Not trying to convince you of anything. Don't know you, don't really care what you think.

Just got you to comment again after you said you wouldn't. You are too easy old man, too easy.


----------



## Wormy (Feb 24, 2016)

Got the wall done today and it turned out beautifully.Smooth, level and not strapped out.
The owner is thrilled. :thumbsup:


----------



## wood_life (Aug 12, 2015)

Looks very nice Wormy! I would have tackled that the same exact way and not have thought twice about it. I nearly removed CT from my browser after reading this thread. So many kids are brainwashed in school to thinking the only way to do/use something is how its stated in the book or on the bag. That's why this country is barreling off the cliff at this very moment!!


----------



## TNTRenovate (Aug 19, 2010)

wood_life said:


> Looks very nice Wormy! I would have tackled that the same exact way and not have thought twice about it. I nearly removed CT from my browser after reading this thread. So many kids are brainwashed in school to thinking the only way to do/use something is how its stated in the book or on the bag. That's why this country is barreling off the cliff at this very moment!!


Don't make promises you aren't going to keep.

I don't mind going of the rails but to use hotmud to hold strapping into place is all kind of stupid.


----------



## Tinstaafl (Jan 6, 2008)

TNTSERVICES said:


> I don't mind going of the rails but to use hotmud to hold strapping into place is all kind of stupid.


Easy on the epithets. 

While not the route I would have taken, keep in mind that the hotmud was only a means to an end--temporarily securing the strapping until tapcons could be driven for the actual fastening. You actually think that drywall is going to fall down any time soon?


----------



## TNTRenovate (Aug 19, 2010)

Tinstaafl said:


> Easy on the epithets.
> 
> While not the route I would have taken, keep in mind that the hotmud was only a means to an end--temporarily securing the strapping until tapcons could be driven for the actual fastening. You actually think that drywall is going to fall down any time soon?


There is nothing wrong with saying something is stupid. I didn't call them stupid or indicated that they were over all stupid.

And all I have on my mind is that he was using it to hold them in place. Concrete pulls in moisture, the strapping is made of wood, holding it with another porous organic substance is not smart. There are a ton of other products that would have been better suited to hold the straps.

Bigger question is why did he need anything to hold it in place?

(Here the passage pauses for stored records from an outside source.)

-- ===== src/Requirements/Commit.antt =====
-- The receivers of apps/requirements/signals.py: a save of a volunteer or of an assignment asks for
-- a quiet reconciliation when the transaction commits, once for each save. The reconciliation that
-- a receiver runs is one that returns here; it logs any error and goes on.
use risk_management.Common.{ℕ, zero, suc, true}
use risk_management.Requirements.Sync.{sync_volunteer_requirements}
use risk_management.Tenant.{Tenant, Env}

-- `_safe_sync`
abbrev pub safe_sync : Env → Tenant → Tenant
safe_sync env t = (sync_volunteer_requirements env env.today true t).0

unfoldable pub resyncs : Env → ℕ → Tenant → Tenant
resyncs env zero t = t
resyncs env (suc n) t = resyncs env n (safe_sync env t)

-- What the end of a transaction runs.
unfoldable pub commit : Env → Tenant → Tenant
unfolding resyncs
commit env t = resyncs env t.pending_syncs (record t { pending_syncs = 0 })
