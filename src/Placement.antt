-- ===== src/Placement.antt =====
-- Placing a volunteer in a role and ending an assignment: the views `assignment_create`,
-- `assignment_end` and `volunteer_reactivate` of apps/org/views.py, with `RoleAssignmentForm` and
-- `RoleAssignmentEndForm` of apps/org/forms.py. The form fields are parsed dates, or none.
pub mod Convictions
pub mod Forever
pub mod Held
pub mod Leaving
pub mod Operation
pub mod OwnFile
pub mod People
pub mod Permanent
pub mod Preserved
pub mod Reviewed
use risk_management.Common.{
  ℕ, ◌+◌, Bool, true, false, not, ◌&&◌, Option, none, some, List, [], ◌∷◌, ◌++◌, ◌==◌,
  if◌then◌else◌, find, any, select,
}
use risk_management.Calendar.{Date}
use risk_management.Org.{
  Volunteer, Role, Assignment, is_disqualified, active_roles, assignment_refused, end_assignment,
}
use risk_management.Audit.{create, update, deactivate, reactivate, role_assignment, volunteer}
use risk_management.Access.{User}
use risk_management.Access.Self.{may_record_against}
use risk_management.Access.Scope.{scope_volunteers, scope_roles, scope_assignments}
use risk_management.Requirements.Sync.{sync_volunteer_requirements}
use risk_management.Requirements.Progress.{refused}
use risk_management.Requirements.Commit.{commit}
use risk_management.Tenant.{
  Tenant, Env, Result, ok, raised, ◌>>=◌, ◌>>◌, refuse_if, or_raise, no_such_row, form_invalid,
  permanently_disqualified, audit, entity,
}

abbrev pub seen : {A : Type 0} → List A → Bool
seen [] = false
seen (x ∷ xs) = true

-- `_writable_volunteer_or_404`
unfoldable pub writable_volunteer : Env → User → Tenant → Result (Unit {0})
unfolding scope_volunteers may_record_against
writable_volunteer env u t = do
  refuse_if
      (not (seen (scope_volunteers env.directory (some u) ((t.volunteer, t.assignments) ∷ []))))
      no_such_row
  refused (may_record_against env.directory u t.volunteer)

abbrev holds : Tenant → Role → Bool
holds t r = any (λ (s : Role). s.pk == r.pk) (active_roles t.assignments)

-- The roles that the form offers, of the active ones of active departments.
unfoldable pub role_choices : Env → User → List Role → Tenant → List Role
unfolding scope_roles
role_choices env u roles t =
    if is_disqualified t.volunteer.screening_block
    then []
    else select (λ r. not (holds t r)) (scope_roles env.directory (some u) roles)

-- `form.is_valid()`, and the row that it fills.
unfoldable pub validated : Env → User → List Role → ℕ → Option Date → Tenant → Result Assignment
unfolding role_choices assignment_refused
validated env u roles role started_on t = do
  r ← or_raise form_invalid (find (λ (r : Role). r.pk == role) (role_choices env u roles t))
  on ← or_raise form_invalid started_on
  let a : Assignment = record {
    pk = t.next_pk;
    role = r;
    started_on = on;
    ended_on = none;
    is_active = true;
  }
  refuse_if (assignment_refused t.volunteer a) form_invalid
  ok a

-- The view is in no transaction: the save commits before the reconciliation that is counted.
unfoldable pub assignment_create : Env → User → List Role → ℕ → Option Date → Tenant → Result Tenant
unfolding writable_volunteer validated commit
assignment_create env u roles role started_on t = do
  writable_volunteer env u t
  a ← validated env u roles role started_on t
  let saved = commit env (record t {
    assignments = t.assignments ++ a ∷ [];
    pending_syncs = t.pending_syncs + 1;
    next_pk = t.next_pk + 1;
  })
  ok (
      audit env create (entity role_assignment a.pk)
        (sync_volunteer_requirements env env.today false saved).0)

unfoldable pub put_assignment : Assignment → List Assignment → List Assignment
put_assignment a [] = []
put_assignment a (x ∷ xs) = (if x.pk == a.pk then a else x) ∷ put_assignment a xs

-- `get_object_or_404` on the current assignments in scope.
abbrev pub current_assignment : Env → User → ℕ → Tenant → Option Assignment
current_assignment env u k t =
    find (λ (a : Assignment). (a.pk == k) && a.is_active)
      (scope_assignments env.directory (some u) t.assignments)

-- Whoever has no assignment left no longer serves.
unfoldable pub stop_serving : Env → Tenant → Tenant
stop_serving env t =
    if not (seen (active_roles t.assignments)) && t.volunteer.is_active
    then audit env deactivate (entity volunteer t.volunteer.pk) (record t {
      volunteer = record (t.volunteer) { is_active = false };
      pending_syncs = t.pending_syncs + 1;
    })
    else t

abbrev pub day_or_today : Env → Option Date → Date
day_or_today env none = env.today
day_or_today env (some on) = on

-- `assignment.end(ended_on)`
unfoldable pub end_one : Date → Assignment → Tenant → Tenant
unfolding put_assignment
end_one on a t = record t {
  assignments = put_assignment (end_assignment on a) t.assignments;
  pending_syncs = t.pending_syncs + 1;
}

unfoldable pub assignment_end : Env → User → ℕ → Option Date → Tenant → Result Tenant
unfolding scope_assignments may_record_against end_one stop_serving commit
assignment_end env u k ended_on t = do
  a ← or_raise no_such_row (current_assignment env u k t)
  refused (may_record_against env.directory u t.volunteer)
  let ended = end_one (day_or_today env ended_on) a t
  let synced = (sync_volunteer_requirements env env.today false (stop_serving env ended)).0
  ok (audit env update (entity role_assignment k) (commit env synced))

-- An error is a message on the page and nothing else.
unfoldable pub volunteer_reactivate : Env → User → Tenant → Result Tenant
unfolding writable_volunteer commit
volunteer_reactivate env u t = do
  writable_volunteer env u t
  refuse_if (is_disqualified t.volunteer.screening_block) permanently_disqualified
  ok (
      audit env reactivate (entity volunteer t.volunteer.pk) (
        commit env (record t {
          volunteer = record (t.volunteer) { is_active = true };
          pending_syncs = t.pending_syncs + 1;
        })))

Predrill the strapping, hold in place while you use the drill to mark the hole, drill the hole, install the tapcon and finish the remaining holes in the strap.


----------



## Fouthgeneration (Jan 7, 2014)

Regular drywall on concrete in contact with the earth = MOLD.

Next time grasshopper, old school plaster, control joint at grade.

Remember always TWO gun safes, one for the registered irons, the hidden one for all the off paper weapons etc...

Showing a homeowners Gun safe on a international web site is a little tacky IMHO. Some gun thieves own computers etc.... 

Criminal tells defense counsel, I saw it on CT....:sad:


Think Twice, then Post once...


----------